TLDR: Researchers have developed MBT-CB, a Multi-target Bayesian Transformer framework, to predict key cardiovascular disease (CVD) biomarkers (LDL-C, HbA1c, BMI, SysBP) from Electronic Health Records (EHR) data during pandemics. The model uniquely combines Bayesian Variational Inference for uncertainty estimation, a BERT-based transformer for temporal patterns, and DeepMTR for biomarker interdependencies. Evaluated on COVID-19 era data, MBT-CB significantly outperformed other models, demonstrating high accuracy and the ability to provide confidence levels for its predictions, crucial for clinical decision-making.
The COVID-19 pandemic brought unprecedented challenges to healthcare systems globally, particularly affecting individuals with chronic conditions like cardiovascular disease (CVD). The disruptions, ranging from delayed medical care to changes in lifestyle, significantly impacted crucial CVD biomarkers such as LDL cholesterol (LDL-C), HbA1c, BMI, and systolic blood pressure (SysBP). Accurately predicting these changes is vital for understanding disease progression and guiding preventive care, especially during health crises.

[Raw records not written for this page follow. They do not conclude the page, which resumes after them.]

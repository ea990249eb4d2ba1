-- ===== src/TelegramFs/Module/Clean.antt =====
-- Whatever the kernel answers, the module leaves nothing registered after a failed init or after an exit.
use doomsday_kernel_modules.Base.{
  ℕ, zero, suc, ◌+◌, ◌≤◌, ◌<◌, ◌≡◌, ◌≢◌, refl, ◌∙◌, Bool, true, false, Bool-cases, inl, inr,
  ==_of_ne, ℕ_discrete, dec_lt, ◌==◌, if◌then◌else◌, arith,
}
use doomsday_kernel_modules.TelegramFs.Chat.{max_chats}
use doomsday_kernel_modules.TelegramFs.Module.{
  Answers, Registered, nothing, update, add_chats, remove_chats, err_bus_region, add_bus,
  telegram_init, telegram_exit,
}

-- Nothing is registered for the chats from number `n` on.
pub record IsBelow (n : ℕ) (reg : Registered) : Type 0 where
  pub no_cdev : (j : ℕ) → n ≤ j → reg.chat_cdev j ≡ false
  pub no_device : (j : ℕ) → n ≤ j → reg.chat_device j ≡ false

-- Nothing is registered but what belongs to the bus.
pub record IsClean (reg : Registered) : Type 0 where
  pub chats_region : reg.chats_region ≡ false
  pub class : reg.class ≡ false
  pub no_cdev : (j : ℕ) → reg.chat_cdev j ≡ false
  pub no_device : (j : ℕ) → reg.chat_device j ≡ false
  pub bus_region : reg.bus_region ≡ false
  pub bus_cdev : reg.bus_cdev ≡ false
  pub bus_device : reg.bus_device ≡ false

update_ne : (f : ℕ → Bool) (i j : ℕ) (v : Bool) → i ≢ j → update f i v j ≡ f j
update_ne f i j v ne = rw (==_of_ne ne)

-- Up to `i` the chats are removed.
update_removed :
    (f : ℕ → Bool) (i : ℕ)
    → ((j : ℕ) → j < i → f j ≡ false)
    → (j : ℕ) → j < i + 1
    → update f i false j ≡ false
update_removed f i below j less = elim (ℕ_discrete i j) [
  | yes e ↦ rw e (ground arith)
  | no ne ↦ update_ne f i j false ne ∙ below j (omega arith)
]

add_chats_rest :
    (answers : Answers) (top left i : ℕ) (reg : Registered)
    → i + left ≤ top
    → IsBelow top reg
    → IsBelow top (add_chats answers left i reg)
      × ((add_chats answers left i reg).bus_region ≡ reg.bus_region)
      × ((add_chats answers left i reg).bus_cdev ≡ reg.bus_cdev)
      × ((add_chats answers left i reg).bus_device ≡ reg.bus_device)
unfolding add_chats
add_chats_rest answers top zero i reg h below = (below, refl, refl, refl)
add_chats_rest answers top (suc left) i reg h below =
    add_chats_rest answers top left (i + 1) _ (omega arith) record {
      no_cdev = λ j far. update_ne reg.chat_cdev i j _ (omega arith) ∙ below.no_cdev j far;
      no_device = λ j far. update_ne reg.chat_device i j _ (omega arith) ∙ below.no_device j far;
    }

remove_chats_rest :
    (left i : ℕ) (reg : Registered)
    → ((j : ℕ) → j < i → reg.chat_cdev j ≡ false)
    → ((j : ℕ) → j < i → reg.chat_device j ≡ false)
    → IsBelow (i + left) reg
    → ((j : ℕ) → (remove_chats left i reg).chat_cdev j ≡ false)
      × ((j : ℕ) → (remove_chats left i reg).chat_device j ≡ false)
      × ((remove_chats left i reg).bus_region ≡ reg.bus_region)
      × ((remove_chats left i reg).bus_cdev ≡ reg.bus_cdev)
      × ((remove_chats left i reg).bus_device ≡ reg.bus_device)
unfolding remove_chats
remove_chats_rest zero i reg cdevs devices below = (
  λ j. elim (dec_lt j i) [ yes less ↦ cdevs j less | no far ↦ below.no_cdev j (omega arith) ],
  λ j. elim (dec_lt j i) [ yes less ↦ devices j less | no far ↦ below.no_device j (omega arith) ],
  refl,
  refl,
  refl,
)
remove_chats_rest (suc left) i reg cdevs devices below =
    remove_chats_rest left (i + 1) _ (update_removed reg.chat_cdev i cdevs)
      (update_removed reg.chat_device i devices)
      record {
        no_cdev =
            λ j far. update_ne reg.chat_cdev i j _ (omega arith) ∙ below.no_cdev j (omega arith);
        no_device = λ j far.
            update_ne reg.chat_device i j _ (omega arith) ∙ below.no_device j (omega arith);
      }

err_bus_region-IsClean :
    (reg : Registered)
    → IsBelow max_chats reg
    → reg.bus_region ≡ false
    → reg.bus_cdev ≡ false
    → reg.bus_device ≡ false
    → IsClean (err_bus_region reg)
unfolding err_bus_region
err_bus_region-IsClean reg below region cdev device =
    let (cdevs, devices, same_region, same_cdev, same_device) =
      remove_chats_rest max_chats 0 reg (λ j h. absurd (omega arith)) (λ j h. absurd (omega arith))
        below in
    record {
      chats_region = refl;
      class = refl;
      no_cdev = cdevs;
      no_device = devices;
      bus_region = same_region ∙ region;
      bus_cdev = same_cdev ∙ cdev;
      bus_device = same_device ∙ device;
    }

nothing-IsClean : IsClean nothing
nothing-IsClean = record {
  chats_region = refl;
  class = refl;
  no_cdev = λ j. refl;
  no_device = λ j. refl;
  bus_region = refl;
  bus_cdev = refl;
  bus_device = refl;
}

-- The registrations when the chats have been added.
with_chats : Answers → Registered
with_chats answers =
    add_chats answers max_chats 0 record nothing { chats_region = true; class = true }

with_chats_rest :
    (answers : Answers)
    → IsBelow max_chats (with_chats answers)
      × ((with_chats answers).bus_region ≡ false)
      × ((with_chats answers).bus_cdev ≡ false)
      × ((with_chats answers).bus_device ≡ false)
unfolding with_chats
with_chats_rest answers =
    add_chats_rest answers max_chats max_chats 0 _ (omega arith)
      record { no_cdev = λ j far. refl; no_device = λ j far. refl }

-- The module loaded and, if that succeeds, unloaded.
abbrev pub load_unload : Answers → Registered
load_unload answers =
    let (err, reg) = telegram_init answers nothing in if err == 0 then telegram_exit reg else reg

-- Whatever the kernel answers, telegram_init leaves nothing registered if it fails, and telegram_exit leaves
-- nothing registered after an init that succeeded.
pub telegram_init-IsClean : (answers : Answers) → IsClean (load_unload answers)
unfolding telegram_init add_bus telegram_exit with_chats
telegram_init-IsClean answers =
    let (below, region, cdev, device) = with_chats_rest answers in
    elim (Bool-cases (answers.chats_region_error == 0)) [
      | inr no_region ↦ rw (no_region, no_region) nothing-IsClean
      | inl chats ↦ elim (Bool-cases (answers.class_error == 0)) [
        | inr no_class ↦ rw (chats, no_class, no_class) nothing-IsClean
        | inl class ↦ elim (Bool-cases (answers.bus_region_error == 0)) [
          | inr no_bus ↦
              rw (chats, class, no_bus, no_bus)
                (err_bus_region-IsClean (with_chats answers) below region cdev device)
          | inl bus ↦ elim (Bool-cases (answers.bus_cdev_error == 0)) [
            | inr no_cdev ↦
                rw (chats, class, bus, no_cdev, no_cdev)
                  (err_bus_region-IsClean (record (with_chats answers) { bus_region = false })
                    (record { no_cdev = below.no_cdev; no_device = below.no_device }) refl cdev
                    device)
            | inl ok ↦
                rw (chats, class, bus, ok)
                  (err_bus_region-IsClean
                    (record (with_chats answers) {
                      bus_region = false;
                      bus_cdev = false;
                      bus_device = false;
                    })
                    (record { no_cdev = below.no_cdev; no_device = below.no_device }) refl refl
                    refl)
          ]
        ]
      ]
    ]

Traditional approaches to predicting these biomarkers often fall short. They typically predict each biomarker independently, ignoring the complex interdependencies between them. Furthermore, they often fail to account for the temporal patterns in patient data or to quantify the inherent uncertainty in predictions, which is crucial for reliable clinical decision-making.
Introducing MBT-CB: A Novel Predictive Framework
To address these critical gaps, researchers have developed MBT-CB, a Multi-target Bayesian Transformer framework. This innovative model is designed to jointly predict LDL-C, HbA1c, BMI, and SysBP from Electronic Health Records (EHR) data. What makes MBT-CB stand out is its ability to simultaneously capture biomarker interdependencies, temporal patterns, and predictive uncertainty.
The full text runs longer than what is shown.